Maternal, Fetal and Perinatal Health
The research, teaching and practice activities of faculty in maternal, fetal and perinatal health address the physical and mental well-being of mothers prior to and during pregnancy, as well as that of their newborns and infants, from a psycho-social, environmental, biological, developmental and health services perspective.
The faculty use methodological approaches in the study of maternal, fetal, newborn and infant health.

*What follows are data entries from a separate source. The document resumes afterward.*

-- ===== src/Claude/Launch/Ending.antt =====
-- claude-launch.ts, launchClaudeFresh: how a launch that returns has ended.
use agx.Prelude.{
  String, ◌≡◌, refl, sym, ap, ◌∙◌, Option, none, some, true, not, List, arith, inl, inr, nat_eq,
  ◌==◌,
}
use agx.Prelude.Dict.{get}
use agx.Prelude.Outcome.{returned}
use agx.Prelude.Exec.{>>=-eq-returned, if-returned, pure-returned, finally_do-returned}
use agx.Prelude.Checked.{Checked, ok, refused}
use agx.Client.{ClientId}
use agx.Config.{StableConfigRevision}
use agx.Activation.{LaunchPhase, LaunchPlan}
use agx.Plans
use agx.Plans.{same_phase, client_tag}
use agx.Queries.{Lookup, Detail, detail, no_detail, detail_of}
use agx.Claude.Capability.{CapabilityNote}
use agx.Launch.{revision_detail}
use agx.Launch.World.{State, Ports}
use agx.Launch.Writes.{same_phase-eq}
use agx.Launch.Running.{attempt_message}
use agx.Claude.Manifest.{Manifest, ManifestResult, compiled, blocked, compile_manifest}
use agx.Claude.AdapterPlan.{compile_adapter_plan}
use agx.Claude.World.{Materialization, ClaudePorts, LaunchOutcome}
use agx.Claude.Delivery.{deliveries_of, blocked_of}
use agx.Claude.Launch.{
  Assembly, launch_materialized, launch_inside, launch_in, launch_compiled, launch_detail,
  launch_found, launch_claude_fresh,
}
use agx.Claude.Launch.Landing.{
  Landed, Assembled, attempt_message-ok, fail_launch-Landed, launch_delivered-Landed,
}

own_client :
    (c : ClientId)
    → client_tag c == client_tag ClientId.claude_code ≡ true
    → c ≡ ClientId.claude_code
own_client c e = ground arith

detail_of-revision :
    (id : String) (lookup : Lookup) (revision : StableConfigRevision)
    → detail_of id lookup ≡ detail revision
    → lookup ≡ Lookup.revision revision
detail_of-revision id (Lookup.revision r) revision e = cc
detail_of-revision id Lookup.missing revision e = absurd (cc)
detail_of-revision id (Lookup.unsupported reason) revision e = absurd (cc)

module _ {W : Type 0} (ports : Ports W) (claude : ClaudePorts W) where
  -- The parts of Assembled, one by one.
  abbrev Found : LaunchPlan → StableConfigRevision → Type 0
  Found plan revision =
      (s : State W) × (s' : State W) × (ports.find_revision plan.revision_id s
        ≡ (returned (Lookup.revision revision), s'))

  abbrev Compiled : StableConfigRevision → Manifest → Type 0
  Compiled revision manifest =
      (notes : List CapabilityNote) × (now : String) × (compile_manifest revision notes now
        ≡ compiled manifest)

  abbrev MadeDir : LaunchPlan → String → Type 0
  MadeDir plan dir =
      (s : State W) × (s' : State W) × (claude.prepare_dir plan.operation_id s ≡ (returned dir, s'))

  revision_found :
      (plan : LaunchPlan) (d : Detail) (s s' : State W)
      → revision_detail ports plan.revision_id s ≡ (returned d, s')
      → (revision : StableConfigRevision) → d ≡ detail revision
      → Found plan revision
  revision_found plan d s s' e revision same =
      let (lookup, looked, is_d) =
        pure-returned (ports.find_revision plan.revision_id) (detail_of plan.revision_id) e in
      (
        s,
        s',
        looked
            ∙ ap (λ l. (returned l, s'))
                (detail_of-revision plan.revision_id lookup revision (is_d ∙ same)),
      )

  launch_inside-Landed :
      (plan : LaunchPlan) (a : Assembly) (o : LaunchOutcome) (s s' : State W)
      → Assembled ports claude plan a
      → launch_inside ports claude plan a s ≡ (returned o, s')
      → Landed ports claude plan o s'
  unfolding launch_inside launch_materialized
  launch_inside-Landed plan a o s s' assembled e =
      let (m, t, done, rest) =
        >>=-eq-returned (attempt_message (claude.materialize a.revision a.dir))
          (λ x. launch_materialized ports claude x plan a) {s = s} e in
      at_contents m t done rest
    where
      at_contents :
          (m : Checked Materialization) (t : State W)
          → attempt_message (claude.materialize a.revision a.dir) s ≡ (returned m, t)
          → launch_materialized ports claude m plan a t ≡ (returned o, s')
          → Landed ports claude plan o s'
      at_contents (refused message) t done e =
          fail_launch-Landed ports claude plan _ _ _ _ _ o t s' e
      at_contents (ok m) t done e =
          launch_delivered-Landed ports claude (blocked_of (deliveries_of a.revision a.manifest m))
            plan a m o t s' assembled
            (s, t, attempt_message-ok (claude.materialize a.revision a.dir) m s t done) e

  -- The removal of the directory leaves the stored plans alone.
  abbrev pub CleansUp : Type 0
  CleansUp = (dir : String) (s : State W) → (claude.cleanup_dir dir s).1.plans ≡ s.plans

  module _ (cleans : CleansUp) where
    launch_in-Landed :
        (c : Checked String) (plan : LaunchPlan) (revision : StableConfigRevision)
        (manifest : Manifest) (o : LaunchOutcome) (s s' : State W)
        → Found plan revision
        → Compiled revision manifest
        → ((dir : String) → c ≡ ok dir → MadeDir plan dir)
        → launch_in ports claude c plan revision manifest (compile_adapter_plan manifest) s
          ≡ (returned o, s')
        → Landed ports claude plan o s'
    unfolding launch_in
    launch_in-Landed (refused message) plan revision manifest o s s' found from made e =
        fail_launch-Landed ports claude plan _ _ _ _ _ o s s' e
    launch_in-Landed (ok dir) plan revision manifest o s s' found from made e =
        let a : Assembly = record {
          revision = revision;
          manifest = manifest;
          adapter = compile_adapter_plan manifest;
          dir = dir;
        } in
        let (t, went, cleaned) =
          finally_do-returned (launch_inside ports claude plan a) (claude.cleanup_dir dir) e in
        let landed =
          launch_inside-Landed plan a o s t
            (record {
              looked = found;
              has_compiled = from;
              adapted = refl;
              made_dir = made dir refl;
            })
            went in
        record {
          same_plan = landed.same_plan;
          is_stored =
              ap (get o.plan.plan_id) (sym (ap (λ x. x.1.plans) cleaned) ∙ cleans dir t)
              ∙ landed.is_stored;
          ends = landed.ends;
        }

    launch_compiled-Landed :
        (c : ManifestResult) (plan : LaunchPlan) (revision : StableConfigRevision)
        (o : LaunchOutcome) (s s' : State W)
        → Found plan revision
        → ((manifest : Manifest) → c ≡ compiled manifest → Compiled revision manifest)
        → launch_compiled ports claude c plan revision s ≡ (returned o, s')
        → Landed ports claude plan o s'
    unfolding launch_compiled
    launch_compiled-Landed (blocked b) plan revision o s s' found from e =
        fail_launch-Landed ports claude plan _ _ _ _ _ o s s' e
    launch_compiled-Landed (compiled manifest) plan revision o s s' found from e =
        let (dir, t, made, rest) =
          >>=-eq-returned (attempt_message (claude.prepare_dir plan.operation_id))
            (λ x. launch_in ports claude x plan revision manifest (compile_adapter_plan manifest))
            {s = s} e in
        launch_in-Landed dir plan revision manifest o t s' found (from manifest refl)
          (λ d same. (
            s,
            t,
            attempt_message-ok (claude.prepare_dir plan.operation_id) d s t
                (made ∙ ap (λ c. (returned c, t)) same),
          ))
          rest

    launch_detail-Landed :
        (d : Detail) (plan : LaunchPlan) (o : LaunchOutcome) (s s' : State W)
        → ((revision : StableConfigRevision) → d ≡ detail revision → Found plan revision)
        → launch_detail ports claude d plan s ≡ (returned o, s')
        → Landed ports claude plan o s'
    unfolding launch_detail
    launch_detail-Landed (no_detail message) plan o s s' found e =
        fail_launch-Landed ports claude plan _ _ _ _ _ o s s' e
    launch_detail-Landed (detail revision) plan o s s' found e =
        let (probed, t, looked, rest) = >>=-eq-returned claude.probe _ e in
        launch_compiled-Landed (compile_manifest revision probed (claude.stamp t)) plan revision o t
          s' (found revision refl) (λ manifest same. (probed, claude.stamp t, same)) rest

    -- A call of `launchClaudeFresh` that returns was given a stored plan for Claude Code that had
    -- been confirmed (in the phase applying); the outcome's plan is that plan, as it is stored, and
    -- either it has failed and the stage is planned, or the stage is observed: for the revision found
    -- for the plan, the manifest compiled from it (the outcome's), the directory made for the plan and
    -- the contents put there, a process was started with the command line they ask for and came back
    -- with a result, and the plan has the outcome and the phase that this result stands for. The
    -- removal of the directory is taken to leave the stored plans alone.
    pub launch_claude-Landed :
        (id : String) (o : LaunchOutcome) (s s' : State W)
        → launch_claude_fresh ports claude id s ≡ (returned o, s')
        → (plan : LaunchPlan) × (get id s.plans ≡ some plan)
          × (plan.client ≡ ClientId.claude_code)
          × (plan.phase ≡ LaunchPhase.applying)
          × Landed ports claude plan o s'
    unfolding launch_claude_fresh launch_found Plans.find_by_id
    launch_claude-Landed id o s s' e = found (get id s.plans) refl e
      where
        found :
            (p : Option LaunchPlan)
            → get id s.plans ≡ p
            → launch_found ports claude p id s ≡ (returned o, s')
            → (plan : LaunchPlan) × (get id s.plans ≡ some plan)
              × (plan.client ≡ ClientId.claude_code)
              × (plan.phase ≡ LaunchPhase.applying)
              × Landed ports claude plan o s'
        found none f e = absurd (cc)
        found (some plan) f e =
            elim (if-returned (not (client_tag plan.client == client_tag ClientId.claude_code)) _ _
              e) [
                | inl (other, thrown_out) ↦ absurd (cc)
                | inr (own, going) ↦
                    elim (if-returned (not (same_phase plan.phase LaunchPhase.applying)) _ _
                      going) [
                        | inl (other, thrown_out) ↦ absurd (cc)
                        | inr (is_applying, launching) ↦
                            let (d, t, detailed, rest) =
                              >>=-eq-returned (revision_detail ports plan.revision_id) _
                                launching in
                            (
                              plan,
                              f,
                              own_client plan.client (ground arith),
                              same_phase-eq plan.phase LaunchPhase.applying (ground arith),
                              launch_detail-Landed d plan o t s'
                                  (revision_found plan d s t detailed) rest,
                            )
                      ]
              ]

The Department has a rich history of scholarship and teaching in maternal and perinatal health beginning in 1950s when the Long-term Study of Prematures was initiated and the Collaborative Perinatal Project from 1957-76 which followed close to 4,000 pregnant women from East Baltimore women and their offspring. Work continued into the 1970s and 1980s focusing on LBW and neonatal mortality in Baltimore and other areas with high rates of mortality along with research on different models of maternity care. Collaboration with Baltimore Healthy Start began in the 1990s coupled with a focus on concerns about infant mortality more broadly in Maryland and leadership in advocacy for reducing racial disparities in infant mortality in the state. Research during this time also focused on low resources settings and LBW; it continued into the 2000s when a myriad of studies was conducted both at home and abroad on maternal and perinatal health. Research on maternal health and maternal mortality has emerged as an important topic during recent years as well as understanding the impact of pregnancy and fetal behavior on the health of children; the long-term impact of pregnancy complications is an emerging issue as well. Faculty currently use a variety of methodologic, conceptual and disciplinary approaches to study maternal, fetal and perinatal health.